◆ TASK BRIEF: Could you filter the records below down to the lines that include the word "next"?

◆ DATA LISTING:
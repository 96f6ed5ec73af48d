-- ===== src/BdevFilter/History.antt =====
-- Histories of the filters of module/bdevfilter.c: threads that make, attach, detach, find, get and
-- put filters, in any order, each call ending before the next one begins.
use mathlib.Core.Path.{subst}
use blksnap.Prelude.{
  ℕ, ◌+◌, ◌≤◌, ◌<◌, ◌≡◌, refl, ap, inl, inr, Bool, Option, none, some, [], arith, Option-cases,
}
use blksnap.Kernel.{Ret, ok, err}
use blksnap.BdevFilter.{
  BdevExtension, Filters, BlockDevice, bdev_filter_init, bdev_filter_get, bdev_filter_put,
  set_filter, bdev_extension_find, bdev_extension_append, bdev_filter_attach, lp_bdev_filter_detach,
  bdev_filter_detach, bdev_filter_get_by_bdev, bdev_extension_find_bdev,
}
use blksnap.BdevFilter.Counts.{
  one, attached, attached-set_filter, attached-find, attached-find_bdev, devices,
  devices-set_filter,
}
use blksnap.BdevFilter.Refs.{
  times, bump, drop_one, refs_of, IsKept, Appended, append-Appended, as_refs, put-IsKept,
  init-IsCounted, get-IsCounted,
}

-- The filters, the references that threads hold, and how often a filter was made under a number.
pub record State : Type 0 where
  pub filters : Filters
  pub held : ℕ → ℕ
  pub made : ℕ → ℕ

abbrev pub attaches : Ret → ℕ → (ℕ → ℕ) → ℕ → ℕ
attaches ok f held = drop_one f held
attaches (err _) f held = held

abbrev pub finds : Option ℕ → (ℕ → ℕ) → ℕ → ℕ
finds none held = held
finds (some f) held = bump f held

-- A thread uses a filter only while it holds a reference; an attachment that works hands it over.
-- A new filter has a new number.
pub data Step : State → State → Type 0 where
  makes :
      (s : State) (f : ℕ)
      → s.made f ≡ 0
      → Step s (record {
        filters = bdev_filter_init f s.filters;
        held = bump f s.held;
        made = bump f s.made;
      })
  gets :
      (s : State) (f : ℕ)
      → 0 < s.held f
      → Step s (record s { filters = bdev_filter_get f s.filters; held = bump f s.held })
  puts :
      (s : State) (f : ℕ)
      → 0 < s.held f
      → Step s (record s { filters = bdev_filter_put f s.filters; held = drop_one f s.held })
  looks_up :
      (s : State) (d : BlockDevice)
      → Step s (record s {
        filters = (bdev_filter_get_by_bdev d s.filters).1;
        held = finds (bdev_filter_get_by_bdev d s.filters).0 s.held;
      })
  attaches_to :
      (s : State) (alloc : Bool) (d : BlockDevice) (f : ℕ)
      → 0 < s.held f
      → Step s (record s {
        filters = (bdev_filter_attach alloc d f s.filters).1;
        held = attaches (bdev_filter_attach alloc d f s.filters).0 f s.held;
      })
  detaches :
      (s : State) (d : BlockDevice) → Step s (record s { filters = bdev_filter_detach d s.filters })

pub data Steps : State → State → Type 0 where
  none_more : (s : State) → Steps s s
  next : (s t u : State) → Steps s t → Step t u → Steps s u

abbrev pub unused : State
unused = record {
  filters = record { bdev_extension_list = []; kref = λ _. 0; released = [] };
  held = λ _. 0;
  made = λ _. 0;
}

filter_set-IsKept :
    (w : Filters) (held made : ℕ → ℕ) (dev f : ℕ) (ext : BdevExtension)
    → IsKept w held made
    → 0 < held f
    → bdev_extension_find dev w.bdev_extension_list ≡ some ext
    → ext.bd_filter ≡ none
    → IsKept
        (record w { bdev_extension_list = set_filter dev (some f) w.bdev_extension_list })
        (drop_one f held)
        made
filter_set-IsKept w held made dev f ext k mine found bare =
    let es = w.bdev_extension_list in
    record {
      distinct = λ x. omega (arith, k.distinct x, devices-set_filter x dev (some f) es);
      refs =
          as_refs w (set_filter dev (some f) es) (refs_of es held)
            (refs_of (set_filter dev (some f) es) (drop_one f held)) made k.refs
            (λ x.
              ground
                (arith, mine, attached-set_filter x dev (some f) es ext found, ap (one x) bare));
    }

attach-IsKept :
    (w : Filters) (held made : ℕ → ℕ) (alloc : Bool) (d : BlockDevice) (f : ℕ)
    → IsKept w held made
    → 0 < held f
    → IsKept
        (bdev_filter_attach alloc d f w).1
        (attaches (bdev_filter_attach alloc d f w).0 f held)
        made
unfolding bdev_filter_attach
attach-IsKept w held made alloc d f k mine = elim (Option-cases (bdev_extension_append alloc d w)) [
  | inl no_memory ↦ rw (no_memory, bdev_filter_attach, attaches) k
  | inr ((ext, w'), made_it) ↦
      let (kept, found) =
        subst (Appended d.bd_dev held made) made_it (append-Appended alloc d w held made k) in
      elim (Option-cases ext.bd_filter) [
        | inr (_, busy) ↦ rw (made_it, busy, bdev_filter_attach, attaches) kept
        | inl bare ↦
            rw (made_it, bare, bdev_filter_attach, attaches)
              (filter_set-IsKept w' held made d.bd_dev f ext kept mine found bare)
      ]
]

detach-IsKept :
    (w : Filters) (held made : ℕ → ℕ) (d : BlockDevice)
    → IsKept w held made
    → IsKept (bdev_filter_detach d w) held made
unfolding bdev_filter_detach lp_bdev_filter_detach
detach-IsKept w held made d k =
    let es = w.bdev_extension_list in
    elim (Option-cases (bdev_extension_find d.bd_dev es)) [
      | inl missing ↦ rw (missing, bdev_filter_detach, lp_bdev_filter_detach) k
      | inr (ext, found) ↦ elim (Option-cases ext.bd_filter) [
        | inl bare ↦ rw (found, bare, bdev_filter_detach, lp_bdev_filter_detach) k
        | inr (f, has) ↦
            rw (found, has, bdev_filter_detach, lp_bdev_filter_detach)
              (put-IsKept w (set_filter d.bd_dev none es) (refs_of es held) held made f k.refs
                (ground (arith, attached-find f d.bd_dev es ext found, ap (one f) has))
                (λ g.
                  omega (arith, attached-set_filter g d.bd_dev none es ext found, ap (one g) has))
                (λ dev. omega (arith, k.distinct dev, devices-set_filter dev d.bd_dev none es)))
      ]
    ]

look_up-IsKept :
    (w : Filters) (held made : ℕ → ℕ) (d : BlockDevice)
    → IsKept w held made
    → let (found, w') = bdev_filter_get_by_bdev d w in IsKept w' (finds found held) made
unfolding bdev_filter_get_by_bdev bdev_filter_get
look_up-IsKept w held made d k =
    let es = w.bdev_extension_list in
    elim (Option-cases (bdev_extension_find_bdev d.address es)) [
      | inl missing ↦ rw (missing, bdev_filter_get_by_bdev) k
      | inr (ext, found) ↦ elim (Option-cases ext.bd_filter) [
        | inl bare ↦ rw (found, bare, bdev_filter_get_by_bdev) k
        | inr (f, has) ↦
            rw (found, has, bdev_filter_get_by_bdev)
              record {
                distinct = k.distinct;
                refs =
                    as_refs (bdev_filter_get f w) es (bump f (refs_of es held))
                      (refs_of es (bump f held)) made
                      (get-IsCounted w (refs_of es held) made f k.refs (
                        ground
                          (arith, attached-find_bdev f d.address es ext found, ap (one f) has)))
                      (λ g. omega arith);
              }
      ]
    ]

step-IsKept :
    (s t : State) → Step s t → IsKept s.filters s.held s.made → IsKept t.filters t.held t.made
unfolding bdev_filter_init bdev_filter_get
step-IsKept s _ (makes _ f new) k = record {
  distinct = k.distinct;
  refs =
      as_refs (bdev_filter_init f s.filters) s.filters.bdev_extension_list
        (bump f (refs_of s.filters.bdev_extension_list s.held))
        (refs_of s.filters.bdev_extension_list (bump f s.held)) (bump f s.made)
        (init-IsCounted s.filters (refs_of s.filters.bdev_extension_list s.held) s.made f k.refs
          new)
        (λ g. omega arith);
}
step-IsKept s _ (gets _ f mine) k = record {
  distinct = k.distinct;
  refs =
      as_refs (bdev_filter_get f s.filters) s.filters.bdev_extension_list
        (bump f (refs_of s.filters.bdev_extension_list s.held))
        (refs_of s.filters.bdev_extension_list (bump f s.held)) s.made
        (get-IsCounted s.filters (refs_of s.filters.bdev_extension_list s.held) s.made f k.refs
          (omega (arith, mine)))
        (λ g. omega arith);
}
step-IsKept s _ (puts _ f mine) k =
    let es = s.filters.bdev_extension_list in
    put-IsKept s.filters es (refs_of es s.held) (drop_one f s.held) s.made f k.refs
      (omega (arith, mine)) (λ g. ground (arith, mine)) k.distinct
step-IsKept s _ (looks_up _ d) k = look_up-IsKept s.filters s.held s.made d k
step-IsKept s _ (attaches_to _ alloc d f mine) k =
    attach-IsKept s.filters s.held s.made alloc d f k mine
step-IsKept s _ (detaches _ d) k = detach-IsKept s.filters s.held s.made d k

step_made : (s t : State) → Step s t → ((f : ℕ) → s.made f ≤ 1) → (f : ℕ) → t.made f ≤ 1
step_made s _ (makes _ f new) h g = ground (arith, h g, new)
step_made s _ (gets _ f mine) h g = h g
step_made s _ (puts _ f mine) h g = h g
step_made s _ (looks_up _ d) h g = h g
step_made s _ (attaches_to _ alloc d f mine) h g = h g
step_made s _ (detaches _ d) h g = h g

pub Steps-IsKept :
    (s t : State)
    → Steps s t
    → IsKept s.filters s.held s.made
    → ((f : ℕ) → s.made f ≤ 1)
    → IsKept t.filters t.held t.made × ((f : ℕ) → t.made f ≤ 1)
Steps-IsKept s _ (none_more _) k h = (k, h)
Steps-IsKept s u (next _ t _ before last) k h =
    let (k', h') = Steps-IsKept s t before k h in (step-IsKept t u last k', step_made t u last h')

pub unused-IsKept : IsKept unused.filters unused.held unused.made
unused-IsKept = record {
  distinct = λ dev. omega arith;
  refs = record { counted = λ f. refl; once = λ f. refl };
}

-- In any history of calls that do not overlap, in which threads make, look up, get, put, attach and
-- detach filters of block devices, each using a filter only while it holds a reference to it, and a
-- device's address coming back for another device or not: there is at most one extension for a device number; the counter of a filter is the
-- number of extensions that have it and of references held; a filter that is attached or held was
-- not released; and one that was made, and is neither attached nor held, was released exactly once.
pub released_once :
    (s : State) (f : ℕ)
    → Steps unused s
    → let es = s.filters.bdev_extension_list in
      ((dev : ℕ) → devices dev es ≤ 1)
      × (s.filters.kref f ≡ attached f es + s.held f)
      × (0 < attached f es + s.held f → times f s.filters.released ≡ 0)
      × (s.made f ≡ 1 → attached f es + s.held f ≡ 0 → times f s.filters.released ≡ 1)
released_once s f steps =
    let (k, h) = Steps-IsKept unused s steps unused-IsKept (λ _. omega arith) in
    (
      k.distinct,
      k.refs.counted f,
      (λ used. omega (arith, used, k.refs.once f, h f)),
      (λ made gone. omega (arith, made, gone, k.refs.once f)),
    )
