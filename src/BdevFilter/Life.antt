-- ===== src/BdevFilter/Life.antt =====
-- The life of the filter of a device that had none (module/bdevfilter.c): attached, found, put and
-- detached.
use mathlib.Core.Option.{none-ne-some}
use blksnap.Prelude.{
  ℕ, suc, ◌+◌, ◌≡◌, refl, sym, ap, ◌∙◌, if_true, if_false, inl, inr, true, Option, none, some, List,
  [], ◌∷◌, ◌++◌, ◌==◌, arith, Bool-cases,
}
use blksnap.Kernel.{ok}
use blksnap.BdevFilter.{
  BdevExtension, Filters, BlockDevice, put_at, bdev_filter_init, bdev_filter_get, bdev_filter_put,
  bdev_filter_free, set_filter, bdev_extension_find, bdev_extension_find_bdev,
  bdev_extension_append, bdev_filter_attach, lp_bdev_filter_detach, bdev_filter_detach,
  bdev_filter_get_by_bdev,
}
use blksnap.BdevFilter.Counts.{devices-find_none, find-append}

set_filter-append :
    (dev : ℕ) (flt : Option ℕ) (es : List BdevExtension) (e : BdevExtension)
    → bdev_extension_find dev es ≡ none
    → e.dev_id ≡ dev
    → set_filter dev flt (es ++ (e ∷ [])) ≡ es ++ (record e { bd_filter = flt } ∷ [])
unfolding set_filter bdev_extension_find
set_filter-append dev flt [] e h is = ground (arith, is)
set_filter-append dev flt (d ∷ es) e h is = elim (Bool-cases (dev == d.dev_id)) [
  | inl this ↦ absurd (none-ne-some d (sym h ∙ if_true _ _ _ this))
  | inr other ↦
      rw other
        (ap (λ l. d ∷ l) (set_filter-append dev flt es e (sym (if_false _ _ _ other) ∙ h) is))
]

find_bdev-append :
    (a : ℕ) (es : List BdevExtension) (e : BdevExtension)
    → bdev_extension_find_bdev a es ≡ none
    → e.bdev ≡ a
    → bdev_extension_find_bdev a (es ++ (e ∷ [])) ≡ some e
unfolding bdev_extension_find_bdev
find_bdev-append a [] e h is = ground (arith, is)
find_bdev-append a (d ∷ es) e h is = elim (Bool-cases (a == d.bdev)) [
  | inl this ↦ absurd (none-ne-some d (sym h ∙ if_true _ _ _ this))
  | inr other ↦ rw other (find_bdev-append a es e (sym (if_false _ _ _ other) ∙ h) is)
]

abbrev ext_of : BlockDevice → Option ℕ → BdevExtension
ext_of d flt = record { dev_id = d.bd_dev; bdev = d.address; bd_filter = flt }

-- No extension is found, by the number of the device or by its address.
pub record IsBare (d : BlockDevice) (w : Filters) : Type 0 where
  pub no_dev : bdev_extension_find d.bd_dev w.bdev_extension_list ≡ none
  pub no_address : bdev_extension_find_bdev d.address w.bdev_extension_list ≡ none

-- The state before any filter was attached.
pub IsBare-unused :
    (d : BlockDevice) → IsBare d (record { bdev_extension_list = []; kref = λ _. 0; released = [] })
unfolding bdev_extension_find bdev_extension_find_bdev
IsBare-unused d = record { no_dev = refl; no_address = refl }

pub lookup_bare :
    (d : BlockDevice) (w : Filters) → IsBare d w → bdev_filter_get_by_bdev d w ≡ (none, w)
unfolding bdev_filter_get_by_bdev
lookup_bare d w b = rw (b.no_address, bdev_filter_get_by_bdev) refl

abbrev with_ext : BlockDevice → Option ℕ → List BdevExtension → Filters → Filters
with_ext d flt es w = record w { bdev_extension_list = es ++ (ext_of d flt ∷ []) }

module _ (d : BlockDevice) (w : Filters) (b : IsBare d w) where
  abbrev es : List BdevExtension
  es = w.bdev_extension_list

  -- The filters with other counters.
  attach_bare :
      (f : ℕ) (kref : ℕ → ℕ)
      → bdev_filter_attach true d f (record w { kref = kref })
        ≡ (ok, with_ext d (some f) es (record w { kref = kref }))
  unfolding bdev_filter_attach bdev_extension_append
  attach_bare f kref =
      rw (b.no_dev, bdev_filter_attach, bdev_extension_append)
        (ap (λ l. (ok, record w { bdev_extension_list = l; kref = kref }))
          (set_filter-append d.bd_dev (some f) es (ext_of d none) b.no_dev refl))

  lookup_filter :
      (f : ℕ) (kref : ℕ → ℕ)
      → let w' = with_ext d (some f) es (record w { kref = kref }) in
        bdev_filter_get_by_bdev d w' ≡ (some f, bdev_filter_get f w')
  unfolding bdev_filter_get_by_bdev
  lookup_filter f kref =
      rw
        (
          find_bdev-append d.address es (ext_of d (some f)) b.no_address refl,
          bdev_filter_get_by_bdev,
        )
        refl

  lookup_none :
      (kref : ℕ → ℕ) (released : List ℕ)
      → let w' = with_ext d none es (record w { kref = kref; released = released }) in
        bdev_filter_get_by_bdev d w' ≡ (none, w')
  unfolding bdev_filter_get_by_bdev
  lookup_none kref released =
      rw (find_bdev-append d.address es (ext_of d none) b.no_address refl, bdev_filter_get_by_bdev)
        refl

  detach_filter :
      (f : ℕ) (kref : ℕ → ℕ)
      → bdev_filter_detach d (with_ext d (some f) es (record w { kref = kref }))
        ≡ bdev_filter_put f (with_ext d none es (record w { kref = kref }))
  unfolding bdev_filter_detach lp_bdev_filter_detach
  detach_filter f kref =
      rw
        (
          find-append d.bd_dev es (ext_of d (some f)) (devices-find_none d.bd_dev es b.no_dev) refl,
          bdev_filter_detach,
          lp_bdev_filter_detach,
        )
        (ap (λ l. bdev_filter_put f (record w { bdev_extension_list = l; kref = kref }))
          (set_filter-append d.bd_dev none es (ext_of d (some f)) b.no_dev refl))

  abbrev counted : ℕ → (ℕ → ℕ) → Filters
  counted f kref = with_ext d (some f) es (record w { kref = kref })

put_many :
    (w : Filters) (f n : ℕ)
    → w.kref f ≡ suc (suc n)
    → bdev_filter_put f w ≡ record w { kref = put_at w.kref f (suc n) }
unfolding bdev_filter_put
put_many w f n h = ground (arith, h)

put_last :
    (w : Filters) (f : ℕ)
    → w.kref f ≡ 1
    → bdev_filter_put f w ≡ record w { kref = put_at w.kref f 0; released = w.released ++ (f ∷ []) }
unfolding bdev_filter_put bdev_filter_free
put_last w f h = ground (arith, h)

put_at_self : (g : ℕ → ℕ) (f v : ℕ) → put_at g f v f ≡ v
put_at_self g f v = ground arith

-- A new filter that is attached, with one reference more; then that reference is dropped, the filter
-- is found by a thread, detached, and put by the thread.
abbrev pub attached_filter : BlockDevice → ℕ → Filters → Filters
attached_filter d f w = bdev_filter_get f (bdev_filter_attach true d f (bdev_filter_init f w)).1

abbrev pub detached_filter : BlockDevice → ℕ → Filters → Filters
detached_filter d f w = bdev_filter_put f (bdev_filter_detach d (bdev_filter_get f w))

module _ (d : BlockDevice) (w : Filters) (b : IsBare d w) (f : ℕ) where
  abbrev k1 : ℕ → ℕ
  k1 = put_at w.kref f 1

  abbrev k2 : ℕ → ℕ
  k2 = put_at k1 f (k1 f + 1)

  abbrev k3 : ℕ → ℕ
  k3 = put_at k2 f 1

  abbrev k4 : ℕ → ℕ
  k4 = put_at k3 f (k3 f + 1)

  abbrev k5 : ℕ → ℕ
  k5 = put_at k4 f 1

  k2_is : k2 f ≡ 2
  k2_is = put_at_self k1 f (k1 f + 1) ∙ ap (λ n. n + 1) (put_at_self w.kref f 1)

  k4_is : k4 f ≡ 2
  k4_is = put_at_self k3 f (k3 f + 1) ∙ ap (λ n. n + 1) (put_at_self k2 f 1)

  attach_ok : (bdev_filter_attach true d f (bdev_filter_init f w)).0 ≡ ok
  unfolding bdev_filter_init
  attach_ok = ap (λ r. r.0) (attach_bare d w b f k1)

  attached-eq : attached_filter d f w ≡ counted d w b f k2
  unfolding bdev_filter_get bdev_filter_init
  attached-eq = ap (λ r. bdev_filter_get f r.1) (attach_bare d w b f k1)

  put-eq : bdev_filter_put f (attached_filter d f w) ≡ counted d w b f k3
  put-eq = ap (bdev_filter_put f) attached-eq ∙ put_many (counted d w b f k2) f 0 k2_is

  detached-eq :
      detached_filter d f (bdev_filter_put f (attached_filter d f w))
      ≡ with_ext d none w.bdev_extension_list
          (record w { kref = put_at k5 f 0; released = w.released ++ (f ∷ []) })
  unfolding bdev_filter_get
  detached-eq =
      ap (λ x. detached_filter d f x) put-eq
      ∙ ap (bdev_filter_put f) (detach_filter d w b f k4)
      ∙ ap (bdev_filter_put f)
          (put_many (with_ext d none w.bdev_extension_list (record w { kref = k4 })) f 0 k4_is)
      ∙ put_last (with_ext d none w.bdev_extension_list (record w { kref = k5 })) f
          (put_at_self k4 f 1)

  pub life_lem :
      let w1 = attached_filter d f w in
      let w2 = bdev_filter_put f w1 in
      let w3 = detached_filter d f w2 in
      ((bdev_filter_attach true d f (bdev_filter_init f w)).0 ≡ ok)
      × (w1.kref f ≡ 2)
      × (bdev_filter_get_by_bdev d w1 ≡ (some f, bdev_filter_get f w1))
      × (bdev_filter_get_by_bdev d w2 ≡ (some f, bdev_filter_get f w2))
      × (w3.released ≡ w.released ++ (f ∷ []))
      × (bdev_filter_get_by_bdev d w3 ≡ (none, w3))
  life_lem = (
    attach_ok,
    ap (λ x. x.kref f) attached-eq ∙ k2_is,
    rw attached-eq (lookup_filter d w b f k2),
    rw put-eq (lookup_filter d w b f k3),
    ap (λ x. x.released) detached-eq,
    rw detached-eq (lookup_none d w b (put_at k5 f 0) (w.released ++ (f ∷ []))),
  )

◆ SOLUTION FOR THIS PROBLEM:
-- put filters, in any order, each call ending before the next one begins.
  next : (s t u : State) → Steps s t → Step t u → Steps s u
Steps-IsKept s u (next _ t _ before last) k h =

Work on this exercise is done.